On what ground Madame Bonaparte objected to her daughter’s marriage to Fréron we do not know. The bridegroom’s age may have been a factor—or, indeed, the bride’s youth. Or, being endowed with a remarkable ability to see which way the wind was blowing, Madame Bonaparte may have had some inkling, either from her links with the Corsican community in Paris or from information from the merchant community of Marseille with whom the Bonapartes were friendly, and indeed into which her son Joseph had recently married, that Fréron’s earlier crimes in the south were about to come back to haunt him. She may even have known of and objected to the five-year liaison that Fréron had enjoyed with an actress from the Italian theater. Two children had been born, and the actress was pregnant with a third. But her objections were certainly not shared at this point by her son Napoleon. Indeed Pauline later reminded him, “You consented to my marriage to Fréron,” and referred to “the promises you made me to smooth all obstacles.”
It was perhaps surprising that Madame Bonaparte made objections to her daughter’s marriage. When she and her children had fled Ajaccio for the mainland after the Maison Bonaparte had been burned down, the modest income they derived from the produce of vineyards and other smallholdings on their native island had come to an end. Indeed Corsica was now in British hands. In addition the support of a close-knit if quarrelsome structure of relations—paternal and maternal—had been lost to them. In Toulon, where they landed in June 1793, and afterward in Marseille, they had had to depend on small sums that the new republican government meted out to refugees from Corsica. Legend even has it that the Bonaparte women resorted to taking in laundry and washed it in the public fountain.

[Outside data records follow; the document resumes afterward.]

-- ===== src/Failover/Session/Tick.antt =====
-- The tick of a failover session (src/failover/session.rs): what it does every 25 ms.
use Prim.Native.String.{String}
use text.Mathlib.Text.{◌==◌ as str_eq}
use hypersync.Prelude.{
  ℕ, zero, suc, ◌+◌, ◌-◌, ◌*◌, ◌/◌, ◌%◌, Bool, true, false, ◌&&◌, ◌||◌, not, Option, none, some,
  List, [], ◌∷◌, ◌++◌, leb, ltb, ◌==◌, if◌then◌else◌, length, get_or, take, ns_per_ms,
}
use hypersync.Prelude.Int.{pos}
use hypersync.Maps
use hypersync.Maps.{lookup, put}
use hypersync.Push.Progress
use hypersync.Push.Progress.{stalled}
use hypersync.Priority
use hypersync.Priority.{candidates_at, pool_allowed}
use hypersync.Failover.Core
use hypersync.Failover.Core.{Core}
use hypersync.Failover.Switch.{pick_switch, switch_to, slowest_standby}
use hypersync.Failover.Session.{
  FailoverConfig, Outside, Session, Outcome, and_then, stay, leave, active_failed, is_some,
  queue_frames, node_writer_closed, cool, drop_upstream, drop_bads, mark_dead, ip_of, ip_or,
  active_dead_grace, bad_peer_cooldown, slow_peer_cooldown, standby_retry, standby_race,
}

unfoldable pub check_stalled : ℕ → Session → Session
check_stalled now s =
    if not (is_some s.active_dead) && stalled now s.progress then mark_dead now s else s

-- Is the upstream known and its address blacklisted?
abbrev pub is_banned : (String → Bool) → Option String → Bool
is_banned listed none = false
is_banned listed (some ip) = listed ip

-- The banned standbys among the connections.
unfoldable pub banned_of : (String → Bool) → Core → List (ℕ × Bool) → List ℕ
unfolding ip_of
banned_of listed c [] = []
banned_of listed c ((id, slot) ∷ lives) =
    let rest = banned_of listed c lives in
    if not (id == c.active) && is_banned listed (ip_of id c) then id ∷ rest else rest

-- The loop that drops them, without a cooldown.
unfoldable pub drop_banned : List ℕ → Session → Session
drop_banned [] s = s
drop_banned (id ∷ ids) s =
    drop_banned ids (record s { core = (Core.remove id s.core).0; lives = Maps.remove id s.lives })

abbrev pub is_seen : Option ℕ → ℕ → Bool
is_seen none version = false
is_seen (some v) version = v == version

unfoldable pub check_blacklist : Outside → Session → Session
unfolding banned_of drop_banned
check_blacklist env s =
    if is_seen s.blacklist_seen env.list_version
    then s
    else let t = record s { blacklist_seen = some env.list_version } in
      let u =
        if is_banned env.listed (ip_of t.core.active t.core) then mark_dead env.now t else t in
      drop_banned (banned_of env.listed u.core u.lives) u

-- `lives.get_mut(&id).and_then(|l| l.prio.take())`.
unfoldable pub take_slot : ℕ → List (ℕ × Bool) → List (ℕ × Bool) × Bool
take_slot id lives = elim (lookup id lives) [
  | none ↦ (lives, false)
  | some slot ↦ (put id false lives, slot)
]

-- A switch that sent all its frames: `old` is the active before, `core'` the core after it.
unfoldable pub switched : ℕ → ℕ → String → ℕ → List (ℕ × ℕ) → Core → Session → Session
unfolding take_slot
switched id old old_ip now bads core' s =
    let (lives', slot) = take_slot id s.lives in
    let t = record s {
      active_dead = none;
      switches = s.switches + 1;
      progress = Progress.new core'.last_forwarded now;
      pinned = some (ip_or (ip_of id core'), slot);
      core = (Core.remove old core').0;
      lives = Maps.remove old lives';
      cooldown = cool old_ip (now + bad_peer_cooldown) s.cooldown;
    } in
    drop_bads bads (now + bad_peer_cooldown) t

unfoldable pub try_switch : Outside → Session → Outcome
unfolding switched
try_switch env s = elim (pick_switch s.core env.now (is_some s.active_dead)) [
  | none ↦ stay s
  | some (id, reason) ↦
      let (core', done) = switch_to id env.now s.core in
      elim done [
        | none ↦ stay (record s { core = core' })
        | some (frames, bads) ↦
            let (sent, taken) = queue_frames env.room frames in
            if taken
            then record {
              session =
                  switched id s.core.active (ip_or (ip_of s.core.active s.core)) env.now bads core'
                    s;
              sent = sent;
              exit = none;
            }
            else record {
              session = record s { core = core' };
              sent = sent;
              exit = some node_writer_closed;
            }
      ]
]

-- No standby could continue the chain for the whole grace.
unfoldable pub grace_over : ℕ → Option ℕ → Bool
grace_over now none = false
grace_over now (some t) = leb active_dead_grace (now - t)

abbrev pub standby_count : Core → ℕ
standby_count c = length c.ups - 1

unfoldable pub rotate : FailoverConfig → Outside → Session → Session
rotate fo env s =
    if ltb 0 fo.rotate_slower
      && not s.connecting
      && not (is_some s.active_dead)
      && leb fo.standbys (standby_count s.core)
      && leb fo.rotate_every (env.now - s.last_rotate)
    then (let t = record s { last_rotate = env.now } in
        elim (slowest_standby t.core (pos (fo.rotate_slower / ns_per_ms))
          (λ ip. Priority.contains ip env.tier)) [
            | none ↦ t
            | some (id, lead) ↦ drop_upstream id (env.now + slow_peer_cooldown) t
          ])
    else s

-- `cooldown.retain(|_, until| *until > now)`.
unfoldable pub retain_cooling : ℕ → List (String × ℕ) → List (String × ℕ)
retain_cooling now [] = []
retain_cooling now ((ip, until) ∷ m) =
    let rest = retain_cooling now m in if ltb now until then (ip, until) ∷ rest else rest

unfoldable pub is_cooling : String → List (String × ℕ) → Bool
is_cooling ip [] = false
is_cooling ip ((q, until) ∷ m) = str_eq q ip || is_cooling ip m

unfoldable pub is_in : String → List String → Bool
is_in ip [] = false
is_in ip (q ∷ ips) = str_eq q ip || is_in ip ips

abbrev cons_some : Option String → List String → List String
cons_some none ips = ips
cons_some (some ip) ips = ip ∷ ips

unfoldable pub in_use : Core → List (ℕ × Bool) → List String
unfolding ip_of
in_use c [] = []
in_use c ((id, slot) ∷ lives) = cons_some (ip_of id c) (in_use c lives)

-- The pool from `start` on, around its end, with the number of entries left.
unfoldable pub rotated : List String → ℕ → ℕ → List String
rotated pool start zero = []
rotated pool start (suc left) = get_or pool (start % length pool) "" ∷ rotated pool (start + 1) left

-- The `retain` of the candidates, with those seen so far.
unfoldable pub dialable : List String → List (String × ℕ) → List String → List String → List String
unfolding is_cooling is_in
dialable used cooldown seen [] = []
dialable used cooldown seen (ip ∷ cands) =
    elim (not (is_in ip used) && not (is_cooling ip cooldown) && not (is_in ip seen)) [
      | true ↦ ip ∷ dialable used cooldown (ip ∷ seen) cands
      | false ↦ dialable used cooldown seen cands
    ]

unfoldable pub standby_candidates : Outside → Session → List String
unfolding rotated dialable in_use
standby_candidates env s =
    let prio = candidates_at env.listed env.now env.tier in
    let cands =
      if not (length env.pool == 0) && pool_allowed env.listed env.now env.tier
      then prio ++ rotated env.pool s.rot (length env.pool)
      else prio in
    take (standby_race * 3) (dialable (in_use s.core s.lives) s.cooldown [] cands)

unfoldable pub fill : FailoverConfig → Outside → Session → Session
unfolding retain_cooling standby_candidates
fill fo env s =
    if not s.connecting && ltb (standby_count s.core) fo.standbys && leb s.next_connect env.now
    then (let t = record s { cooldown = retain_cooling env.now s.cooldown } in
        let cands = standby_candidates env t in
        if length cands == 0
        then record t { rot = s.rot + 1; next_connect = env.now + standby_retry }
        else record t { rot = s.rot + 1; connecting = true; dialed = cands })
    else s

-- The tick once the switch is done and sent its frames.
unfoldable pub after_switch : FailoverConfig → Outside → Session → Outcome
unfolding rotate fill grace_over
after_switch fo env s =
    if grace_over env.now s.active_dead
    then leave active_failed s
    else stay (fill fo env (rotate fo env s))

unfoldable pub on_tick : FailoverConfig → Outside → Session → Outcome
unfolding check_stalled check_blacklist try_switch after_switch
on_tick fo env s =
    and_then (try_switch env (check_blacklist env (check_stalled env.now s)))
      (λ t. after_switch fo env t)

Now, however, in the spring of 1796, Napoleon had been appointed to head the Army of Italy, which had as its mission the expulsion of the Austrians from northern Italy and the introduction of republican government into that region. As a result he was able to supplement his family’s income from his salary. Equally Madame Bonaparte’s stepbrother, François Fesch, who had escaped with them from Corsica, had recovered some of his Swiss father’s patrimony and could also help. Fesch, whose vocation was the priesthood and who had earlier been archdeacon of Ajaccio after Luciano Bonaparte’s death, had been living a secular life since religious orders were suppressed under the Revolution.